Work instructions: Across the records, find how many lines include the string "PropertyKey" and answer with only the figure.

Extracted data Start Marker

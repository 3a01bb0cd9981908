-- ===== src/MsgPack/Decoder/Depth.antt =====
-- `MAX_DEPTH` of packages/core/src/utils/msgpack.js: whatever the bytes, what is decoded is not nested
-- deeper.
use reticulum_js.Common.{
  ℕ, zero, suc, ◌≤◌, ◌≡◌, sym, arith, Option, none, some, List, [], ◌∷◌, ok, err, Result, ◌>>=◌,
  bit_and,
}
use reticulum_js.MsgPack.{Value, MsgPackError}
use reticulum_js.MsgPack.Decoder.Objects.{PropertyKey}
use reticulum_js.MsgPack.Decoder.{
  Reader, read_uint, decode_string, decode_binary, decode_array, decode_map, decode_case,
  decode_number, decode_sized, decode_first, decode_step, decode_value, decode,
}
use reticulum_js.MsgPack.Decoder.Canonical.{depth}
use reticulum_js.MsgPack.Decoder.Shallow.{
  IsShallow, bind_lem, NestedShallow, array_lem, map_lem, number_lem, int_lem, uint_64_lem,
  int_64_lem, float_lem, string_lem, binary_lem,
}

module _ (text : List ℕ → List ℕ) (key : PropertyKey) (n : ℕ)
    (nested : Option (Reader → Result MsgPackError (Value × Reader)))
    (h : NestedShallow text key n nested) where
  sized_binary :
      (w : ℕ) (r : Reader) → IsShallow n (read_uint w r >>= λ (k, r'). decode_binary k r')
  sized_binary w r = bind_lem n (read_uint w r) _ (λ k r'. binary_lem n k r')

  sized_string :
      (w : ℕ) (r : Reader) → IsShallow n (read_uint w r >>= λ (k, r'). decode_string text k r')
  sized_string w r = bind_lem n (read_uint w r) _ (λ k r'. string_lem n text k r')

  sized_array :
      (w : ℕ) (r : Reader)
      → IsShallow n (read_uint w r >>= λ (k, r'). decode_array text key nested k r')
  sized_array w r = bind_lem n (read_uint w r) _ (λ k r'. array_lem text key n nested h k r')

  sized_map :
      (w : ℕ) (r : Reader)
      → IsShallow n (read_uint w r >>= λ (k, r'). decode_map text key nested k r')
  sized_map w r = bind_lem n (read_uint w r) _ (λ k r'. map_lem text key n nested h k r')

  sized_lem : (byte : ℕ) (r : Reader) → IsShallow n (decode_sized text key nested byte r)
  unfolding decode_sized
  sized_lem byte r = ground (
    arith,
    sized_string 1 r,
    sized_string 2 r,
    sized_string 4 r,
    sized_array 2 r,
    sized_array 4 r,
    sized_map 2 r,
    sized_map 4 r,
  )

  numbers_lem : (byte : ℕ) (r : Reader) → IsShallow n (decode_number text key nested byte r)
  unfolding decode_number
  numbers_lem byte r = ground (
    arith,
    number_lem n 1 r,
    number_lem n 2 r,
    number_lem n 4 r,
    uint_64_lem n r,
    float_lem n r,
    int_lem n 1 r,
    int_lem n 2 r,
    int_lem n 4 r,
    int_64_lem n r,
    sized_lem byte r,
  )

  case_lem : (byte : ℕ) (r : Reader) → IsShallow n (decode_case text key nested byte r)
  unfolding decode_case depth
  case_lem byte r =
      ground (arith, sized_binary 1 r, sized_binary 2 r, sized_binary 4 r, numbers_lem byte r)

  first_lem : (byte : ℕ) (r : Reader) → IsShallow n (decode_first text key nested byte r)
  unfolding decode_first depth
  first_lem byte r = ground (
    arith,
    map_lem text key n nested h (bit_and byte 0x0f) r,
    array_lem text key n nested h (bit_and byte 0x0f) r,
    string_lem n text (bit_and byte 0x1f) r,
    case_lem byte r,
  )

  step_lem :
      (bytes beyond : List ℕ)
      → IsShallow n (decode_step text key nested (record { rest = bytes; beyond = beyond }))
  unfolding decode_step
  step_lem [] beyond = tt
  step_lem (byte ∷ rest) beyond = first_lem byte (record { rest = rest; beyond = beyond })

value_lem :
    (text : List ℕ → List ℕ) (key : PropertyKey) (n : ℕ) (r : Reader)
    → IsShallow n (decode_value text key n r)
unfolding decode_value
value_lem text key zero r = step_lem text key 0 none tt r.rest r.beyond
value_lem text key (suc n) r =
    step_lem text key (suc n) (some (decode_value text key n)) (value_lem text key n) r.rest
      r.beyond

-- Whatever the bytes, a value that `decode` returns is nested at most 128 deep.
pub decode-depth :
    (text : List ℕ → List ℕ) (key : PropertyKey) (bytes beyond : List ℕ) (v : Value)
    → decode text key bytes beyond ≡ ok v
    → depth v ≤ 128
unfolding decode
decode-depth text key bytes beyond v e =
    read (decode_value text key 128 (record { rest = bytes; beyond = beyond }))
      (value_lem text key 128 (record { rest = bytes; beyond = beyond })) e
  where
    read :
        (m : Result MsgPackError (Value × Reader))
        → IsShallow 128 m
        → (m >>= λ (w, r). ok w) ≡ ok v
        → depth v ≤ 128
    read (ok (w, r)) h is = let same : w ≡ v = cc in rw (sym same) h
    read (err er) h is = cc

Extracted data End Marker

Response below: 4